What is urinary incontinence?

Urinary incontinence is the involuntary loss of urine. It isn't a disease in itself, but a symptom of many different disease processes.


The only two functions of the bladder are to store urine and to expel urine in a coordinated fashion under appropriate circumstances. The bladder needs to be of adequate capacity and compliance in order to store urine. The tone within the bladder neck and sphincter (valve) prevents urine from leaking from the bladder. During voiding, the bladder muscle contracts while the sphincter relaxes in a coordinated fashion.

Incontinence can be classified according to the mechanism causing the leakage of urine or according to the type of symptoms.

The main types of urinary incontinence are:

  • Stress urinary incontinence 
  • Urge incontinence 
  • Overflow incontinence
  • Total incontinence
  • Stress urinary incontinence is the leakage of urine associated with episodes of increased intra-abdominal pressure such as coughing or sneezing. It's caused by loss of bladder-neck and urethral support or inherent sphincter (valve) deficiency.

  • Urge incontinence is the leakage of urine associated with a great desire to urinate that cannot be suppressed. It's invariably associated with symptoms of urgency and frequency. The bladder is incapable of storing adequate amounts of urine, because it's either too small or unstable. There are many different causes of urge incontinence.

    Overflow incontinence is associated with chronic retention of urine.
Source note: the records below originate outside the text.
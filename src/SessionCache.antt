-- ===== src/SessionCache.antt =====
-- The cache of TLS sessions: src/net/ssl_client_session_cache.cpp, in a build without TBB. A session is
-- BoringSSL's, of which the cache asks the time, the timeout and whether it should be used once; a null
-- session has time and timeout 0. The map from keys to entries is a library's, as a parameter with the
-- laws that the cache relies on.
pub mod Entries
pub mod Lookups
mod Tests
use yass.Common.{
  ℕ, ◌+◌, ◌-◌, ◌*◌, ◌%◌, ◌^◌, ◌≡◌, Bool, true, false, ◌||◌, ◌&&◌, not, Option, none, some, List, [],
  ◌∷◌, ltb, leb, if◌then◌else◌,
}

pub record Session : Type 0 where
  pub time : ℕ
  pub timeout : ℕ
  pub single_use : Bool
  pub early_data : Bool
  pub ticket : ℕ

-- A `time_t`: a time before the epoch is below 0.
pub data Now : Type 0 where
  before_epoch : Now
  at : ℕ → Now

abbrev pub time_of : Option Session → ℕ
time_of none = 0
time_of (some s) = s.time

abbrev pub timeout_of : Option Session → ℕ
timeout_of none = 0
timeout_of (some s) = s.timeout

-- The times are of 64 bits and wrap.
unfoldable pub is_expired : Option Session → Now → Bool
is_expired s before_epoch = true
is_expired s (at now) =
    ltb now ((time_of s + 2 ^ 64 - 1) % 2 ^ 64) || leb ((time_of s + timeout_of s) % 2 ^ 64) now

-- `sessions[0]` and `sessions[1]`
pub record Entry : Type 0 where
  pub first : Option Session
  pub second : Option Session

abbrev pub empty_entry : Entry
empty_entry = record { first = none; second = none }

abbrev pub is_single_use : Option Session → Bool
is_single_use none = false
is_single_use (some s) = s.single_use

-- `SSL_SESSION_copy_without_early_data`, of a session that is there
abbrev pub without_early_data : Option Session → Option Session
without_early_data none = none
without_early_data (some s) = some (record s { early_data = false })

unfoldable pub push : Session → Entry → Entry
push s e = record e { first = some s; second = if is_single_use e.first then e.first else e.second }

unfoldable pub pop : Entry → Option Session × Entry
pop e = (e.first, if is_single_use e.first then record { first = e.second; second = none } else e)

abbrev pub is_null : Option Session → Bool
is_null none = true
is_null (some s) = false

unfoldable pub expire_sessions : Now → Entry → Bool × Entry
expire_sessions now e = if is_null e.first || is_expired e.first now then (true, e) else (
  false,
  if not (is_null e.second) && is_expired e.second now then record e { second = none } else e,
)

-- `base::LRUCache`: `find` is what a key has; `get` moves it to the front; `set` is an assignment
-- through an iterator; `put` may drop other keys; `retain` goes through all and erases some.
pub record LruCache : Type 1 where
  pub Key : Type 0
  pub Cache : Type 0
  pub find : Key → Cache → Option Entry
  pub get : Key → Cache → Cache
  pub put : Key → Entry → Cache → Cache
  pub set : Key → Entry → Cache → Cache
  pub erase : Key → Cache → Cache
  pub retain : (Entry → Bool × Entry) → Cache → Cache
  pub empty : Cache
  pub find-get : (k : Key) (c : Cache) → find k (get k c) ≡ find k c
  pub find-put : (k : Key) (e : Entry) (c : Cache) → find k (put k e c) ≡ some e
  pub find-set : (k : Key) (e : Entry) (c : Cache) → find k (set k e c) ≡ some e

pub record Config : Type 0 where
  pub expiration_check_count : ℕ

module _ (lru : LruCache) where
  pub record SessionCache : Type 0 where
    pub config : Config
    pub cache : lru.Cache
    pub lookups_since_flush : ℕ

  unfoldable pub flush_expired_sessions : Now → SessionCache → SessionCache
  flush_expired_sessions now t = record t { cache = lru.retain (expire_sessions now) t.cache }

  unfoldable pub flush : SessionCache → SessionCache
  flush t = record t { cache = lru.empty }

  -- The head of `Lookup`: every so many lookups, stale sessions go.
  unfoldable pub count_lookup : Now → SessionCache → SessionCache
  count_lookup now t =
      let n = (t.lookups_since_flush + 1) % 2 ^ 64 in
      if leb t.config.expiration_check_count n
      then flush_expired_sessions now (record t { lookups_since_flush = 0 })
      else record t { lookups_since_flush = n }

  unfoldable pub look_into :
      lru.Key → Now → SessionCache → Option Entry → Option Session × SessionCache
  look_into k now t none = (none, t)
  look_into k now t (some e) =
      let (session, e') = pop e in
      let (expired, e'') = expire_sessions now e' in
      (
        if is_expired session now then none else session,
        record t { cache = if expired then lru.erase k t.cache else lru.set k e'' t.cache },
      )

  unfoldable pub lookup : lru.Key → Now → SessionCache → Option Session × SessionCache
  lookup k now t =
      let t' = count_lookup now t in
      look_into k now (record t' { cache = lru.get k t'.cache }) (lru.find k t'.cache)

  unfoldable pub insert_into : lru.Key → Session → SessionCache → Option Entry → SessionCache
  insert_into k s t none = record t {
    cache = lru.set k (push s empty_entry) (lru.put k empty_entry t.cache);
  }
  insert_into k s t (some e) = record t { cache = lru.set k (push s e) t.cache }

  unfoldable pub insert : lru.Key → Session → SessionCache → SessionCache
  insert k s t = insert_into k s (record t { cache = lru.get k t.cache }) (lru.find k t.cache)

  unfoldable pub clear_into : lru.Key → SessionCache → Option Entry → SessionCache
  clear_into k t none = t
  clear_into k t (some e) = record t {
    cache =
        lru.set k
          (record { first = without_early_data e.first; second = without_early_data e.second })
          t.cache;
  }

  unfoldable pub clear_early_data : lru.Key → SessionCache → SessionCache
  clear_early_data k t = clear_into k (record t { cache = lru.get k t.cache }) (lru.find k t.cache)
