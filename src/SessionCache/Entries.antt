-- ===== src/SessionCache/Entries.antt =====
-- An entry of src/net/ssl_client_session_cache.cpp through any operations on it.
use yass.Common.{
  ℕ, ◌+◌, ◌≤◌, ◌≡◌, refl, arith, inl, inr, Bool, true, false, not, ◌&&◌, ◌||◌, Option, none, some,
  List, [], ◌∷◌, if◌then◌else◌, Bool-cases,
}
use yass.SessionCache.{
  Session, Now, Entry, push, pop, expire_sessions, is_expired, is_single_use, is_null,
}

-- What a connection does with an entry.
pub data Operation : Type 0 where
  pushed : Session → Operation
  popped : Operation
  expired : Now → Operation

-- The entry after the operations, and what they returned, the last first.
unfoldable pub perform : Operation → Entry → Option Session × Entry
perform (pushed s) e = (none, push s e)
perform popped e = pop e
perform (expired now) e = (none, (expire_sessions now e).1)

-- How often a session with the property `p` is there: in a slot; in an entry; among what was returned,
-- and among what was pushed, by the operations.
abbrev pub held : (Session → Bool) → Option Session → ℕ
held p none = 0
held p (some s) = if p s then 1 else 0

abbrev pub held_in : (Session → Bool) → Entry → ℕ
held_in p e = held p e.first + held p e.second

unfoldable pub returned : (Session → Bool) → List Operation → Entry → ℕ
returned p [] e = 0
returned p (o ∷ os) e = let (s, e') = perform o e in held p s + returned p os e'

unfoldable pub given : (Session → Bool) → List Operation → ℕ
given p [] = 0
given p (pushed s ∷ os) = held p (some s) + given p os
given p (popped ∷ os) = given p os
given p (expired now ∷ os) = given p os

-- A slot is emptied for the other, or has no session with the property.
pop_choice :
    (p : Session → Bool) (u : Bool) (a b : Option Session)
    → (u ≡ false → held p a ≡ 0)
    → held p a
        + held_in p
            (if u then record { first = b; second = none } else record { first = a; second = b })
      ≤ held p a + held p b
pop_choice p true a b h = omega arith
pop_choice p false a b h = omega (arith, h refl)

not_single_use :
    (p : Session → Bool) (a : Option Session)
    → ((s : Session) → p s ≡ true → s.single_use ≡ true)
    → is_single_use a ≡ false
    → held p a ≡ 0
not_single_use p none once u = refl
not_single_use p (some s) once u = elim (Bool-cases (p s)) [
  | inl x ↦ absurd (cc (once s x, u))
  | inr x ↦ rw x refl
]

pop-held :
    (p : Session → Bool) (e : Entry)
    → ((s : Session) → p s ≡ true → s.single_use ≡ true)
    → held p (pop e).0 + held_in p (pop e).1 ≤ held_in p e
unfolding pop
pop-held p e once =
    pop_choice p (is_single_use e.first) e.first e.second (not_single_use p e.first once)

push-held :
    (p : Session → Bool) (s : Session) (e : Entry)
    → held_in p (push s e) ≤ held p (some s) + held_in p e
unfolding push
push-held p s e = elim (Bool-cases (is_single_use e.first)) [
  | inl u ↦ rw u (omega arith)
  | inr u ↦ rw u (omega arith)
]

expire-held :
    (p : Session → Bool) (now : Now) (e : Entry) → held_in p (expire_sessions now e).1 ≤ held_in p e
unfolding expire_sessions
expire-held p now e = elim (Bool-cases (is_null e.first || is_expired e.first now)) [
  | inl u ↦ rw u (omega arith)
  | inr u ↦ elim (Bool-cases (not (is_null e.second) && is_expired e.second now)) [
    | inl v ↦ rw (u, v) (omega arith)
    | inr v ↦ rw (u, v) (omega arith)
  ]
]

-- Whatever is pushed to an entry, popped from it and expired, in any order: sessions that should be used
-- once are returned at most as often as they were pushed, counting those that the entry held before.
pub single_use_once :
    (p : Session → Bool) (os : List Operation) (e : Entry)
    → ((s : Session) → p s ≡ true → s.single_use ≡ true)
    → returned p os e ≤ given p os + held_in p e
unfolding returned perform given
single_use_once p [] e once = omega arith
single_use_once p (pushed s ∷ os) e once =
    omega (arith, single_use_once p os (push s e) once, push-held p s e)
single_use_once p (popped ∷ os) e once =
    omega (arith, single_use_once p os (pop e).1 once, pop-held p e once)
single_use_once p (expired now ∷ os) e once =
    omega (arith, single_use_once p os (expire_sessions now e).1 once, expire-held p now e)
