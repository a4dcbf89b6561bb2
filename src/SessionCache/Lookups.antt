-- ===== src/SessionCache/Lookups.antt =====
-- What `Lookup` of src/net/ssl_client_session_cache.cpp returns.
use yass.Common.{
  ℕ, ◌+◌, ◌%◌, ◌^◌, ◌≤◌, ◌<◌, ◌≡◌, refl, sym, ap, ◌∙◌, arith, inl, inr, false, Option, none, some,
  if◌then◌else◌, Bool-cases, leb,
}
use yass.SessionCache.{
  Session, Now, at, Entry, push, pop, is_expired, LruCache, SessionCache, count_lookup, look_into,
  lookup, insert, insert_into, empty_entry, flush_expired_sessions,
}

module _ (lru : LruCache) (k : lru.Key) where
  expired_or_not :
      (now : Now) (a : Option Session) {s : Session}
      → (if is_expired a now then none else a) ≡ some s
      → is_expired (some s) now ≡ false
  expired_or_not now a {s} h = elim (Bool-cases (is_expired a now)) [
    | inl x ↦ absurd (cc (rw x at h))
    | inr x ↦ let e = rw x at h in ap (λ a. is_expired a now) (sym e) ∙ x
  ]

  look_into-unexpired :
      (now : Now) (t : SessionCache lru) (o : Option Entry) {s : Session}
      → (look_into lru k now t o).0 ≡ some s
      → is_expired (some s) now ≡ false
  unfolding look_into
  look_into-unexpired now t none h = absurd (cc h)
  look_into-unexpired now t (some e) h = expired_or_not now (pop e).0 h

  -- A session that a lookup returns is one of its time: `now` is not more than a second before the
  -- session's time, and before its end, where the sum of time and timeout does not overflow.
  pub lookup-valid :
      (now : ℕ) (t : SessionCache lru) {s : Session}
      → 0 < s.time
      → s.time + s.timeout < 2 ^ 64
      → (lookup lru k (at now) t).0 ≡ some s
      → (s.time ≤ now + 1) × (now < s.time + s.timeout)
  unfolding lookup is_expired
  lookup-valid now t {s} some_time fits h =
      let live : is_expired (some s) (at now) ≡ false = look_into-unexpired (at now) _ _ h in
      (ground (arith, live), ground (arith, live))

  inserted :
      (s : Session) (t : SessionCache lru) (o : Option Entry)
      → (e : Entry) × (lru.find k (insert_into lru k s t o).cache ≡ some (push s e))
  unfolding insert_into
  inserted s t none = (empty_entry, lru.find-set k (push s empty_entry) _)
  inserted s t (some e) = (e, lru.find-set k (push s e) t.cache)

  kept :
      (s : Session) (t : SessionCache lru) (o : Option Entry)
      → ((insert_into lru k s t o).lookups_since_flush ≡ t.lookups_since_flush)
        × ((insert_into lru k s t o).config ≡ t.config)
  unfolding insert_into
  kept s t none = (refl, refl)
  kept s t (some e) = (refl, refl)

  count_lookup-early :
      (now : Now) (t : SessionCache lru)
      → t.lookups_since_flush + 1 < 2 ^ 64
      → t.lookups_since_flush + 1 < t.config.expiration_check_count
      → (count_lookup lru now t).cache ≡ t.cache
  unfolding count_lookup
  count_lookup-early now t small early =
      let n = (t.lookups_since_flush + 1) % 2 ^ 64 in
      let not_yet : leb t.config.expiration_check_count n ≡ false = ground arith in
      ap
        (λ x.
          (if x
            then flush_expired_sessions lru now (record t { lookups_since_flush = 0 })
            else record t { lookups_since_flush = n }).cache)
        not_yet

  finds :
      (s : Session) (e : Entry) (now : Now) (t : SessionCache lru)
      → is_expired (some s) now ≡ false
      → (look_into lru k now t (some (push s e))).0 ≡ some s
  unfolding look_into pop push
  finds s e now t live = rw live refl

  -- What is inserted for a key is what the next lookup of it returns, unless it is expired by then or
  -- the lookup is one that goes through the whole cache first; the count of lookups must not overflow.
  pub lookup-insert :
      (s : Session) (now : Now) (t : SessionCache lru)
      → is_expired (some s) now ≡ false
      → t.lookups_since_flush + 1 < 2 ^ 64
      → t.lookups_since_flush + 1 < t.config.expiration_check_count
      → (lookup lru k now (insert lru k s t)).0 ≡ some s
  unfolding lookup insert
  lookup-insert s now t live small early =
      let t1 : SessionCache lru = record t { cache = lru.get k t.cache } in
      let o = lru.find k t.cache in
      let (e, found) = inserted s t1 o in
      let (same, config) = kept s t1 o in
      let t2 = insert_into lru k s t1 o in
      let counted = count_lookup lru now t2 in
      let t3 : SessionCache lru = record counted { cache = lru.get k counted.cache } in
      let cached =
        count_lookup-early now t2 (omega (arith, same))
          (omega (arith, same, ap (λ c. c.expiration_check_count) config)) in
      ap (λ o. (look_into lru k now t3 o).0) (ap (lru.find k) cached ∙ found)
      ∙ finds s e now t3 live
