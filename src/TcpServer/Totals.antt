-- ===== src/TcpServer/Totals.antt =====
-- Numbers of the connections and functors in a list that concern a connection.
use netfish.Prelude.{
  ℕ, ◌+◌, ◌≡◌, ◌≢◌, inl, inr, refl, ap, ◌∙◌, Bool-cases, List, [], ◌∷◌, ◌++◌, ◌==◌, arith,
  if◌then◌else◌,
}
use netfish.TcpServer.{Connection, Task, establish, destroy, assign, erase}

-- The sum of `f` over a list, here the number of elements that concern a connection.
abbrev pub total : {A : Type 0} → (A → ℕ) → List A → ℕ
total f [] = 0
total f (x ∷ xs) = f x + total f xs

abbrev pub has_id : ℕ → Connection → ℕ
has_id n c = if c.conn_id == n then 1 else 0

abbrev pub opens : ℕ → Task → ℕ
opens n (establish c) = has_id n c
opens n (destroy c) = 0

abbrev pub ends : ℕ → Task → ℕ
ends n (establish c) = 0
ends n (destroy c) = has_id n c

pub total-append :
    {A : Type 0} → (f : A → ℕ) (xs ys : List A) → total f (xs ++ ys) ≡ total f xs + total f ys
total-append f [] ys = omega arith
total-append f (x ∷ xs) ys = omega (arith, total-append f xs ys)

pub total-middle :
    {A : Type 0}
    → (f : A → ℕ) (xs : List A) (y : A) (ys : List A)
    → total f (xs ++ (y ∷ ys)) ≡ f y + total f (xs ++ ys)
total-middle f [] y ys = refl
total-middle f (x ∷ xs) y ys = omega (arith, total-middle f xs y ys)

pub assign-total :
    (c : Connection) (cs : List Connection) (n : ℕ)
    → total (has_id c.conn_id) cs ≡ 0
    → total (has_id n) (assign c cs) ≡ has_id n c + total (has_id n) cs
unfolding assign
assign-total c [] n h = refl
assign-total c (d ∷ ds) n h = elim (Bool-cases (d.conn_id == c.conn_id)) [
  | inl e ↦ absurd (omega (arith, rw e at h))
  | inr e ↦ rw e (omega (arith, assign-total c ds n (omega (arith, rw e at h))))
]

pub erase-total :
    (id : ℕ) (cs : List Connection)
    → total (has_id id) cs ≡ 1
    → ((erase id cs).1 ≡ 1)
      × ((n : ℕ)
          → total (has_id n) cs ≡ (if id == n then 1 else 0) + total (has_id n) (erase id cs).0)
unfolding erase
erase-total id [] h = absurd (omega (arith, h))
erase-total id (d ∷ ds) h = elim (Bool-cases (d.conn_id == id)) [
  | inl e ↦ rw e (refl, λ n. let same : d.conn_id ≡ id = ground (arith, e) in rw same refl)
  | inr e ↦
      let (one, rest) = erase-total id ds (omega (arith, rw e at h)) in
      rw e (one, λ n. omega (arith, rest n))
]

pub has_id_self : (c : Connection) → has_id c.conn_id c ≡ 1
has_id_self c = ground arith

pub has_id_of : (n : ℕ) (c : Connection) → c.conn_id ≡ n → has_id n c ≡ 1
has_id_of n c e = ground (arith, e)

pub has_id_ne : (n : ℕ) (c : Connection) → n ≢ c.conn_id → has_id n c ≡ 0
has_id_ne n c h = ground (arith, h)

-- A functor that waits, taken out.
pub total-take :
    {A : Type 0}
    → (f : A → ℕ) (ts xs : List A) (y : A) (ys : List A) → ts ≡ xs ++ (y ∷ ys)
    → total f ts ≡ f y + total f (xs ++ ys)
total-take f ts xs y ys e = ap (total f) e ∙ total-middle f xs y ys

pub erase-absent : (id : ℕ) (cs : List Connection) → total (has_id id) cs ≡ 0 → (erase id cs).1 ≡ 0
unfolding erase
erase-absent id [] h = refl
erase-absent id (d ∷ ds) h = elim (Bool-cases (d.conn_id == id)) [
  | inl e ↦ absurd (omega (arith, rw e at h))
  | inr e ↦ rw e (erase-absent id ds (omega (arith, rw e at h)))
]
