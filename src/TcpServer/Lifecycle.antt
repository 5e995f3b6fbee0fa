-- ===== src/TcpServer/Lifecycle.antt =====
-- TcpServer.cc and TcpConnection.cc: a server with its connections, as steps of the server's loop and
-- of the loops of the connections in any order. The functors that wait are `server.tasks`, in the
-- loops of connections, and `closing`, the removals in the server's loop. A loop may take any that
-- waits, which allows more than the queues do.
use netfish.Prelude.{
  ℕ, ◌≡◌, Bool, ◌||◌, true, List, [], ◌∷◌, ◌++◌, Option, none, some, ◌==◌, if◌then◌else◌, Outcome,
  ok,
}
use netfish.Buffer.{received}
use netfish.TcpConnection.{
  TcpConnection, Write, new as new_conn, connect_established, connect_destroyed, handle_close,
  handle_write, after_read, send_in_loop, shutdown,
}
use netfish.TcpServer.{
  TcpServer, Connection, Task, establish, destroy, new_connection, remove_connection_in_loop,
}

pub record System : Type 0 where
  pub server : TcpServer
  pub conns : ℕ → Option TcpConnection
  pub closing : List Connection

abbrev pub set_conn : ℕ → TcpConnection → (ℕ → Option TcpConnection) → ℕ → Option TcpConnection
set_conn k c conns n = if n == k then some c else conns n

-- Whether the poller watches the connection's channel, so that events of it may come.
abbrev pub is_watched : TcpConnection → Bool
is_watched c = c.channel.events.pollin || c.channel.events.pollout

-- What else happens to a connection in its loop: `handleWrite`, `sendInLoop`, `shutdown` and
-- `handleRead` with bytes. Only the last needs the channel to wait for input: the second and the third
-- are functors that may come at any time, and `handleWrite` may follow `handleClose` in one dispatch.
pub data Work : Type 0 where
  writes : Write → Work
  sends : Write → List ℕ → Work
  shuts : Bool → Work
  reads : ℕ → List ℕ → Work

unfoldable pub do_work : Work → TcpConnection → Outcome TcpConnection
do_work (writes w) c = handle_write w c
do_work (sends w msg) c = send_in_loop w msg c
do_work (shuts here) c = ok (shutdown here c)
do_work (reads x xs) c = after_read (received (x ∷ xs)) c

abbrev pub MayCome : Work → TcpConnection → Type 0
MayCome (reads x xs) c = c.channel.events.pollin ≡ true
MayCome _ c = Unit

pub data Step : System → System → Type 0 where
  accepts :
      (s : System) (sockfd : ℕ) (server : TcpServer) (c : TcpConnection)
      → new_connection true sockfd s.server ≡ ok server
      → new_conn sockfd ≡ ok c
      → Step s (record s { server = server; conns = set_conn s.server.next_conn_id c s.conns })
  establishes :
      (s : System) (before after : List Task) (conn : Connection) (c c' : TcpConnection)
      → s.server.tasks ≡ before ++ (establish conn ∷ after)
      → s.conns conn.conn_id ≡ some c
      → connect_established c ≡ ok c'
      → Step s (record s {
        server = record s.server { tasks = before ++ after };
        conns = set_conn conn.conn_id c' s.conns;
      })
  works :
      (s : System) (k : ℕ) (w : Work) (c c' : TcpConnection)
      → s.conns k ≡ some c
      → MayCome w c
      → do_work w c ≡ ok c'
      → Step s (record s { conns = set_conn k c' s.conns })
  closes :
      (s : System) (conn : Connection) (c c' : TcpConnection)
      → s.conns conn.conn_id ≡ some c
      → is_watched c ≡ true
      → handle_close c ≡ ok c'
      → Step s (record s {
        conns = set_conn conn.conn_id c' s.conns;
        closing = s.closing ++ (conn ∷ []);
      })
  removes :
      (s : System) (before after : List Connection) (conn : Connection) (server : TcpServer)
      → s.closing ≡ before ++ (conn ∷ after)
      → remove_connection_in_loop true conn s.server ≡ ok server
      → Step s (record s { server = server; closing = before ++ after })
  destroys :
      (s : System) (before after : List Task) (conn : Connection) (c c' : TcpConnection)
      → s.server.tasks ≡ before ++ (destroy conn ∷ after)
      → s.conns conn.conn_id ≡ some c
      → connect_destroyed c ≡ ok c'
      → Step s (record s {
        server = record s.server { tasks = before ++ after };
        conns = set_conn conn.conn_id c' s.conns;
      })

-- A server that has just been started, on any pool of threads.
abbrev pub IsFresh : System → Type 0
IsFresh s =
    (s.server.connections ≡ [])
    × (s.server.tasks ≡ [])
    × (s.closing ≡ [])
    × ((n : ℕ) → s.conns n ≡ none)

pub data Reachable : System → Type 0 where
  begin : (s : System) → IsFresh s → Reachable s
  next : (s s' : System) → Reachable s → Step s s' → Reachable s'

-- No message is handed to `sendInLoop` of a connection that its poller does not watch: before its
-- establishment, or between its close and its destruction and after.
abbrev pub IsInTime : {s s' : System} → Step s s' → Type 0
IsInTime (works s k (sends w msg) c c' p m f) = is_watched c ≡ true
IsInTime _ = Unit

unfoldable pub HasNoLateSend : {s : System} → Reachable s → Type 0
HasNoLateSend (begin s f) = Unit
HasNoLateSend (next s s' r st) = HasNoLateSend r × IsInTime st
The bladder is permanently full and distended with urine. The kidneys continue to produce urine and the excess spills out of the urethra, much like a dam that's overflowing. Overflow incontinence is associated with a poor stream and difficulty passing urine. Chronic retention is either due to bladder-outlet obstruction or bladder-muscle dysfunction. Bladder-outlet obstruction is relatively common in elderly males and rare in females.

    Total incontinence is the continuous leakage of all the urine. It's most often due to a vesicovaginal fistula, which is an abnormal communication between the bladder and the vagina.

    Urinary incontinence affects about 8% of females and 3% of males. It's more common in the elderly, but shouldn't be regarded as normal at any age. There's no single treatment for urinary incontinence. The treatment options will depend on the type and severity of the incontinence.

    Most people with urinary incontinence can be cured or improved.